The gene density in the fruit-fly genome is intermediate between that of yeast and humans,
and the average fruit-fly gene has many more introns than the average yeast gene but still
three times fewer than the average human gene.
It is beginning to become clear that the genome-wide repeats play an intriguing role in
dictating the compactness or otherwise of a genome. This is strikingly illustrated by the
maize genome, which at 5000 Mb is larger than the human genome but still relatively small
for a flowering plant. Only a few limited regions of the maize genome have been sequenced,
but some remarkable results have been obtained, revealing a genome dominated by repetitive
elements. The only gene in 50-kb region is one member of a family of genes coding for the
alcohol dehydrogenase enzymes. Instead of genes, the dominant feature of this genome
segment is the genome-wide repeats. The majority of these are of the LTR element type,
which comprise virtually all of the non-coding part of the segment, and on their own are
estimated to make up approximately 50% of the maize genome. It is becoming clear that one
or more families of genome-wide repeats have undergone a massive proliferation in the
genomes of certain species. This may provide an explanation for the most puzzling aspect of
the C-value paradox, which is not the general increase in genome size that is seen in
increasingly complex organisms, but the fact that similar organisms can differ greatly in
genome size. A good example is provided by Amoeba dubia which, being a protozoan, might
be expected to have a genome of 100-500 kb, similar to other protozoa such as Tetrahymena
pyriformis. In fact the Amoeba genome is over 200,000 Mb. Similarly, we might guess that
the genomes of crickets are similar in size to those of other insects, but these bugs have
genomes of approximately 2000 Mb, 11 times that of the fruit fly.
Nuclear genome:
DNA in the nucleus exists mainly in combination with histone proteins; the DNA–
histone complex is called “chromatin”. Chromatin can undergo changes in its structure in
response to various cellular metabolic demands. Chromatin can be envisioned as a repeat of
structural units called “nucleosomes”. The nucleosome core particle is composed of histone
octamer plus the DNA that wraps around it. The histone octamer contains two molecules
each of histones H2A, H2B, H3, and H4. DNA wraps around the octamer in a left-handed
supercoil in about 1.75 turns which encloses about 150 bp. Histone H1 is a linker histone
that, along with linker DNA (the DNA in between two nucleosome core particles), physically
connects the adjacent nucleosome core particles. The length of linker DNA varies with
species and cell types. Usually, nucleosome core particle and linker DNA on both sides of the
core encompasses between 180- and 200-bp DNA. Between the nucleosome unit structure
and the metaphase chromosome structure containing two chromatids, there are several levels
of organization and compaction of the chromatin. Each nucleosome has a diameter of 10 nm;
the nucleosomes are compacted into a solenoid fiber structure of 30 nm called as 30 nm fiber;
the 30-nm solenoid fibers are compacted into a 300-nm filament; and finally, the 300-nm fi
laments are further compacted into a 700-nm chromosome. During cell division, when the
chromosomes duplicate, a 1,400-nm metaphase chromosome is produced containing two
chromatids, each chromatid being 700 nm.
Figure: From nucleosome to chromosome.
The 30 nm fiber is probably the major type of chromatin in the nucleus during
interphase, the period between nuclear divisions. When the nucleus divides, the DNA adopts
a more compact form of packaging, resulting in the highly condensed metaphase
chromosomes that can be seen with the light microscope and which have the appearance
generally associated with the word 'chromosome'. The metaphase chromosomes form at a
stage in the cell cycle after DNA replication has taken place and so each one contains two
copies of its chromosomal DNA molecule. The two copies are held together at the
centromere, which has a specific position within each chromosome. Individual chromosomes
can therefore be recognized because of their size and the location of the centromere relative
to the two ends. Further distinguishing features are revealed when chromosomes are stained.
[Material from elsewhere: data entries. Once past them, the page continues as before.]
-- ===== src/Memory/Filesystem/Files.antt =====
-- The file system under fmemory/src/backends/filesystem.rs: what `std::fs` does, as a parameter.
use fiddlesticks.Base.{
  inr, sym, ◌∙◌, inl, Bool-cases, String, Bool, true, false, ◌&&◌, Option, none, some, ◌≡◌, ◌≢◌,
  ◌↔◌, PartialEq, ◌==◌, string_eq, arith,
}
use fiddlesticks.Base.Map.{is_some}
use fiddlesticks.Exec.{Result, ok, err, no_return, Exec}

-- A file in a directory, with its name taken apart at the last dot.
pub record FilePath : Type 0 where
  pub directory : String
  pub stem : String
  pub extension : String

unfoldable pub path_beq : FilePath → FilePath → Bool
path_beq p q = p.directory == q.directory && p.stem == q.stem && p.extension == q.extension

pub path_beq_iff : (p q : FilePath) → (path_beq p q ≡ true) ↔ (p ≡ q)
unfolding path_beq
path_beq_iff p q =
    let directories = string_eq.beq_iff p.directory q.directory in
    let stems = string_eq.beq_iff p.stem q.stem in
    let extensions = string_eq.beq_iff p.extension q.extension in
    (λ h. ground arith, λ h. ground arith)

instance abbrev pub file_path_eq : PartialEq FilePath
file_path_eq = record { beq = path_beq; beq_iff = path_beq_iff }

-- `D` is the state of the disk; an operation that fails says why.
pub record Disk (D Bytes : Type 0) : Type 0 where
  pub create_dir_all : String → Exec D String (Unit {0})
  pub exists : FilePath → D → Bool
  pub read : FilePath → Exec D String Bytes
  pub write : FilePath → Bytes → Exec D String (Unit {0})
  pub remove_file : FilePath → Exec D String (Unit {0})
  pub rename : FilePath → FilePath → Exec D String (Unit {0})

-- What reading a file with these contents may give.
abbrev pub Reads : {Bytes : Type 0} → Option Bytes → Result String Bytes → Type 0
Reads (some bytes) (ok x) = x ≡ bytes
Reads none (ok x) = ⊥
Reads o (err e) = Unit
Reads o no_return = ⊥

-- What is documented of the operations. Each may fail; a write that fails may leave anything in its
-- own file, a removal or a renaming that fails leaves the files as they were.
pub record DiskLaws {D Bytes : Type 0} (disk : Disk D Bytes) : Type 0 where
  pub contents : D → FilePath → Option Bytes
  pub exists_only : (p : FilePath) (d : D) → disk.exists p d ≡ true → is_some (contents d p) ≡ true
  pub read_gives : (p : FilePath) (d : D) → Reads (contents d p) (disk.read p d).0
  pub read_keeps : (p q : FilePath) (d : D) → contents (disk.read p d).1 q ≡ contents d q
  pub create_returns : (s : String) (d : D) → (disk.create_dir_all s d).0 ≢ no_return
  pub create_keeps :
      (s : String) (q : FilePath) (d : D) → contents (disk.create_dir_all s d).1 q ≡ contents d q
  pub write_returns : (p : FilePath) (b : Bytes) (d : D) → (disk.write p b d).0 ≢ no_return
  pub write_puts :
      (p : FilePath) (b : Bytes) (d : D)
      → (disk.write p b d).0 ≡ ok tt
      → contents (disk.write p b d).1 p ≡ some b
  pub write_elsewhere :
      (p q : FilePath) (b : Bytes) (d : D)
      → (p == q) ≡ false
      → contents (disk.write p b d).1 q ≡ contents d q
  pub remove_returns : (p : FilePath) (d : D) → (disk.remove_file p d).0 ≢ no_return
  pub remove_takes :
      (p : FilePath) (d : D)
      → (disk.remove_file p d).0 ≡ ok tt
      → contents (disk.remove_file p d).1 p ≡ none
  pub remove_fails :
      (p : FilePath) (d : D) (e : String)
      → (disk.remove_file p d).0 ≡ err e
      → contents (disk.remove_file p d).1 p ≡ contents d p
  pub remove_elsewhere :
      (p q : FilePath) (d : D)
      → (p == q) ≡ false
      → contents (disk.remove_file p d).1 q ≡ contents d q
  pub rename_returns : (p q : FilePath) (d : D) → (disk.rename p q d).0 ≢ no_return
  pub rename_moves :
      (p q : FilePath) (d : D)
      → (disk.rename p q d).0 ≡ ok tt
      → contents (disk.rename p q d).1 q ≡ contents d p
  pub rename_fails :
      (p q : FilePath) (d : D) (e : String)
      → (disk.rename p q d).0 ≡ err e
      → contents (disk.rename p q d).1 q ≡ contents d q
  pub rename_elsewhere :
      (p q r : FilePath) (d : D)
      → (p == r) ≡ false
      → (q == r) ≡ false
      → contents (disk.rename p q d).1 r ≡ contents d r

-- The files that are there are accessible: `exists`, which also says no where it may not look, finds
-- each of them.
pub record Accessible {D Bytes : Type 0} (disk : Disk D Bytes) (laws : DiskLaws disk) : Type 0 where
  pub found : (p : FilePath) (d : D) → is_some (laws.contents d p) ≡ true → disk.exists p d ≡ true

pub exists_gives :
    {D Bytes : Type 0} (disk : Disk D Bytes) (laws : DiskLaws disk)
    (accessible : Accessible disk laws) (p : FilePath) (d : D)
    → disk.exists p d ≡ is_some (laws.contents d p)
exists_gives disk laws accessible p d =
    let only = laws.exists_only p d in
    let found = accessible.found p d in
    elim (Bool-cases (disk.exists p d)) [
      | inl e ↦ e ∙ sym (only e)
      | inr e ↦ elim (Bool-cases (is_some (laws.contents d p))) [
        | inl there ↦ found there ∙ sym there
        | inr gone ↦ e ∙ sym gone
      ]
    ]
There are a number of different staining techniques, each resulting in a banding pattern that is
characteristic for a particular chromosome. This means that the set of chromosomes
possessed by an organism can be represented as a karyogram, in which the banded
appearance of each one is depicted.
An important part of the chromosome is the terminal region or telomere. Telomeres
are important because they mark the ends of chromosomes and therefore enable the cell to
distinguish a real end from an unnatural end caused by chromosome breakage – an essential
requirement because the cell must repair the latter but not the former. Telomeric DNA is
made up of hundreds of copies of a repeated motif, 5 -TTAGGG-3 in humans, with a short
extension of the 3 terminus of the double-stranded DNA molecule.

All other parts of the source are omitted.